To drill in the shallow waters (less than 100 feet depth) of the outer continental shelf off Alaska year-round, new types of exploratory drilling structures are needed. This is mainly because of the enormous environmental loads imposed on drilling structures by sea ice conditions during the winter months and during summer break-up. The ice loadings will generally exceed normal offshore structure design loadings, such as storm wave conditions. As a consequence, structures designed to operate under these conditions will tend to be more massive and structurally stronger than conventional offshore exploratory structures.
In addition to remaining structurally intact during operations in sea ice conditions, the drilling structure must remain stationary, on site, during these same conditions. Thus, the structure must have little or no horizontal movement when subjected to ice loadings. To accomplish this, it must transfer the substantial horizontal ice loads to some sort of foundation, typically the sea floor. For shallow water depths, this can usually be accomplished by load transfer between the structure and the foundation by two main means. The first involves frictional load transfer between the structure and foundation. It relies on the horizontal shear resistance to keep the structure sited. The second involves mechanical means of load transfer through the use of piles driven into the sea floor. The piles absorb the load from the structure and then transfer it into the sea floor. A third possible variation involves the use of both friction and piles to effect load transfer.
Several of the above factors combine to complicate oil exploration in arctic regions where many of the most promising sites lie under relatively shallow water. The same shallow water sites are also invaded by drifting ice features that will apply very large lateral loads to a stationary sea surface-protruding structure.
It is also possible that these loads could be applied to the structure at any time of the year. It is therefore desirable to have a structure which can be installed and brought up to full strength quickly. Piles could be used to provide a significant portion of the total strength requirement but they take a relatively long time to install, so there is a danger that a pile-retained structure may be subjected to an ice load before it is completely "up to strength".
As an alternative, the structure could be ballasted with a high density material such as iron ore or gravel, but iron ore is not locally available at all and gravel is relatively scarce in many arctic regions. Either one of these materials would have to be transported in large quantities over distances greater than 100 miles. This becomes prohibitively expensive in an arctic environment. They also require substantial amounts of time and effort to put in place or remove to refloat the structure.

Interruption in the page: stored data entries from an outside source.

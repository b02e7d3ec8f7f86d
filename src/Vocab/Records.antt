-- ===== src/Vocab/Records.antt =====
-- Each record that `write_ztm` writes is read back by the native library, whatever follows it.
use ztok.Common.{
  concat, ℕ, ◌+◌, ◌-◌, ◌<◌, ◌≡◌, refl, sym, ap, ap₂, ◌∙◌, false, List, [], ◌∷◌, ◌++◌, Result, ok,
  err, ltb, length, sum_by, map, map_result, >>=-eq-ok, ok-injective, take, drop, arith, All,
  Result-cases, Error, length-append, inl, inr,
}
use mathlib.Core.List.{append_assoc}
use ztok.Vocab.Wire.{Bytes, le_bytes-value, pack_u32, Read, got, le_bytes, pack_u32-eq-ok}
use ztok.Vocab.Ztm.{Twin, offsets, alias_record, alt_record, twin_record}
use ztok.Vocab.Reader.{read_pieces, read_alias, read_alt, read_many, read_twin, read_section}

pub take-front : {A : Type 0} (front back : List A) → take (length front) (front ++ back) ≡ front
take-front [] back = refl
take-front (x ∷ front) back = ap (λ xs. x ∷ xs) (take-front front back)

pub drop-front : {A : Type 0} (front back : List A) → drop (length front) (front ++ back) ≡ back
drop-front [] back = refl
drop-front (x ∷ front) back = drop-front front back

module _ {A : Type 0} (put : A → Result Bytes) (one : Bytes → Read A) (shown : A → A)
    (Fits : A → Type 0)
    (back : (a : A) (p rest : Bytes)
      → Fits a
      → put a ≡ ok p
      → one (p ++ rest) ≡ got (shown a) rest) where
  pub read_many-back :
      (xs : List A) {ps : List Bytes} (rest : Bytes)
      → All Fits xs
      → map_result put xs ≡ ok ps
      → read_many one (length xs) (concat ps ++ rest) ≡ got (map shown xs) rest
  unfolding read_many map_result
  read_many-back [] {ps} rest h e = rw (sym (ok-injective [] ps e)) refl
  read_many-back (x ∷ xs) {ps} rest (fit, fits) e =
      let (p, e₁, k) = >>=-eq-ok (put x) _ e in
      let (qs, e₂, done) = >>=-eq-ok (map_result put xs) _ k in
      rw
        (
          sym (ok-injective (p ∷ qs) ps done),
          append_assoc p (concat qs) rest,
          back x p (concat qs ++ rest) fit e₁,
          read_many-back xs rest fits e₂,
        )
        refl

  pub read_section-back :
      (xs : List A) {ps : List Bytes} {n : Bytes} (rest : Bytes)
      → All Fits xs
      → pack_u32 (length xs) ≡ ok n
      → map_result put xs ≡ ok ps
      → read_section one ((n ++ concat ps) ++ rest) ≡ got (map shown xs) rest
  unfolding read_section
  read_section-back xs {ps} {n} rest h e₀ e =
      let (small, packed) = pack_u32-eq-ok (length xs) e₀ in
      rw (packed, le_bytes-value (length xs) small) (ground (arith, read_many-back xs rest h e))

-- A record that was written has ids in range, and this layout.
alias_record-eq-ok :
    (count aid : ℕ) (ab : Bytes) {p : Bytes}
    → alias_record count (aid, ab) ≡ ok p
    → (aid < count)
      × (aid < 4294967296)
      × (length ab < 4294967296)
      × (p ≡ le_bytes aid ++ le_bytes (length ab) ++ ab)
unfolding alias_record pack_u32
alias_record-eq-ok count aid ab e = ground arith

pub read_alias-back :
    (count : ℕ) (a : ℕ × Bytes) (p rest : Bytes)
    → 0 < length a.1
    → alias_record count a ≡ ok p
    → read_alias count (p ++ rest) ≡ got a rest
unfolding read_alias
read_alias-back count (aid, ab) p rest some_bytes e =
    let (bound, small, short, layout) = alias_record-eq-ok count aid ab e in
    rw
      (
        layout,
        le_bytes-value aid small,
        le_bytes-value (length ab) short,
        take-front ab rest,
        drop-front ab rest,
      )
      (ground (arith, length-append ab rest))

alt_record-eq-ok :
    (count alt_id alt_len : ℕ) {p : Bytes}
    → alt_record count (alt_id, alt_len) ≡ ok p
    → (alt_id < count)
      × (alt_id < 4294967296)
      × (alt_len < 4294967296)
      × (p ≡ le_bytes alt_id ++ le_bytes alt_len)
unfolding alt_record pack_u32
alt_record-eq-ok count alt_id alt_len e = ground arith

read_alt-back :
    (count : ℕ) (a : ℕ × ℕ) (p rest : Bytes)
    → Unit {0}
    → alt_record count a ≡ ok p
    → read_alt count (p ++ rest) ≡ got a rest
unfolding read_alt
read_alt-back count (alt_id, alt_len) p rest h e =
    let (bound, small, short, layout) = alt_record-eq-ok count alt_id alt_len e in
    rw (layout, le_bytes-value alt_id small, le_bytes-value alt_len short) (ground arith)

-- At most two alternatives are written.
abbrev pub shown_twin : Twin → Twin
shown_twin t = record { key = t.key; id = t.id; alts = take 2 t.alts }

twin_record-eq-ok :
    (count : ℕ) (t : Twin) (alts : List Bytes) {p : Bytes}
    → map_result (alt_record count) (take 2 t.alts) ≡ ok alts
    → twin_record count t ≡ ok p
    → (t.id < count)
      × (t.id < 4294967296)
      × (length t.key < 4294967296)
      × (p
          ≡ le_bytes t.id
            ++ le_bytes (length t.key)
            ++ t.key
            ++ length (take 2 t.alts) ∷ concat alts)
unfolding twin_record pack_u32
twin_record-eq-ok count t alts h e = ground arith

twin_record-alts :
    (count : ℕ) (t : Twin) {p : Bytes}
    → twin_record count t ≡ ok p
    → (alts : List Bytes) × (map_result (alt_record count) (take 2 t.alts) ≡ ok alts)
unfolding twin_record pack_u32
twin_record-alts count t e = elim (Result-cases (map_result (alt_record count) (take 2 t.alts))) [
  | inl found ↦ found
  | inr (why, failed) ↦ elim (test why failed) [ ]
]
  where
    test : (why : Error) → map_result (alt_record count) (take 2 t.alts) ≡ err why → ⊥
    test why failed = ground arith

pub offsets-eq-ok :
    (start : ℕ) (t : Bytes) (ts : List Bytes) {p : Bytes}
    → offsets start (t ∷ ts) ≡ ok p
    → (q : Bytes) × (offsets (start + length t) ts ≡ ok q)
      × (start + length t < 4294967296)
      × (p ≡ le_bytes (start + length t) ++ q)
unfolding offsets pack_u32
offsets-eq-ok start t ts e = elim (Result-cases (offsets (start + length t) ts)) [
  | inl (q, more) ↦ (q, more, ground arith, ground arith)
  | inr (why, failed) ↦ elim (impossible why failed) [ ]
]
  where
    impossible : (why : Error) → offsets (start + length t) ts ≡ err why → ⊥
    impossible why failed = ground arith

piece-front :
    (front t back : Bytes) (start : ℕ)
    → start ≡ length front
    → take (start + length t - start) (drop start (front ++ (t ++ back))) ≡ t
piece-front front t back start h =
    ap₂ take (sum_less start (length t))
      (ap (λ n. drop n (front ++ (t ++ back))) h ∙ drop-front front (t ++ back))
    ∙ take-front t back
  where
    sum_less : (a b : ℕ) → a + b - a ≡ b
    sum_less a b = omega arith

-- The offsets cut the token bytes into the tokens again.
pub read_pieces-back :
    (tokens : List Bytes) (front slice p rest : Bytes) (start total : ℕ)
    → start ≡ length front
    → slice ≡ front ++ concat tokens
    → start + sum_by length tokens ≡ total
    → offsets start tokens ≡ ok p
    → read_pieces (length tokens) start total slice (p ++ rest) ≡ got (tokens, total) rest
unfolding read_pieces offsets sum_by
read_pieces-back [] front slice p rest start total h cut s e = ground arith
read_pieces-back (t ∷ ts) front slice p rest start total h cut s e =
    let (q, more, small, layout) = offsets-eq-ok start t ts e in
    rw
      (
        layout,
        le_bytes-value (start + length t) small,
        read_pieces-back ts (front ++ t) slice q rest (start + length t) total
            (ground (arith, length-append front t)) (cut ∙ sym (append_assoc front t (concat ts)))
            (omega arith) more,
        cut,
      )
      (ground (arith, piece-front front t (concat ts) start h))

short-take : (xs : List (ℕ × ℕ)) → ltb 2 (length (take 2 xs)) ≡ false
short-take [] = refl
short-take (x ∷ []) = refl
short-take (x ∷ y ∷ xs) = refl

pub read_twin-back :
    (count : ℕ) (t : Twin) (p rest : Bytes)
    → 0 < length t.key
    → twin_record count t ≡ ok p
    → read_twin count (p ++ rest) ≡ got (shown_twin t) rest
unfolding read_twin
read_twin-back count t p rest some_bytes e =
    let (alts, written) = twin_record-alts count t e in
    let (bound, small, short, layout) = twin_record-eq-ok count t alts written e in
    rw
      (
        layout,
        le_bytes-value t.id small,
        le_bytes-value (length t.key) short,
        append_assoc t.key (length (take 2 t.alts) ∷ concat alts) rest,
        take-front t.key ((length (take 2 t.alts) ∷ concat alts) ++ rest),
        drop-front t.key ((length (take 2 t.alts) ∷ concat alts) ++ rest),
        short-take t.alts,
        read_many-back (alt_record count) (read_alt count) (λ a. a) (λ a. Unit)
            (read_alt-back count) (take 2 t.alts) rest (always (take 2 t.alts)) written,
      )
      (ground (arith, length-append t.key ((length (take 2 t.alts) ∷ concat alts) ++ rest)))
  where
    always : (xs : List (ℕ × ℕ)) → All (λ a. Unit {0}) xs
    always [] = tt
    always (x ∷ xs) = (tt, always xs)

In general, an offshore structure for drilling exploratory wells in shallow ice-covered waters, such as arctic waters, desirably meets many, if not all, of the following criteria:
1. The structure should have a draft as shallow as possible in the lightship condition. This would allow the structure to operate in water depths as shallow as possible, thus maximizing its operational versatility.
2. The structure should utilize an abundant, cheap, readily available ballast material. This would minimize problems relating to the use and acquisition of often scarce, expensive ballast materials.
3. The structure should have the ability to move onto site, take on ballast and be ready for drilling operations to begin, and resist environmental ice loadings, as soon as possible. Similarly, the structure should be able to de-ballast, pick-up and be able to move offsite in a time period as short as possible. This would allow for a move to a different site during the short summer season in the target region.
4. The structure should have the ability to conduct normal drilling operations year-round. Due to large periods of complete ice cover in target areas, this would necessitate that the structure be able to store sufficient quantities of drilling material and supplies to allow continuous operation for extended periods of time, as up to 270 days, without major resupply of the structure.
5. Based on the above requirement for large amounts of drilling consumables, the structure should have a large storage capacity for such materials. Since several of these items are quite bulky and heavy, the structure must provide sufficient space and structural load-carrying capacity to store these materials.
6. The structure should minimize any necessary site preparation and alteration. This will reduce the extent of expensive, slow offshore foundation work and cause the least possible adverse impact to the existing environment. By reducing foundation preparation requirements, the use of expensive, scarce materials such as gravel and sand typically used for this purpose is minimized.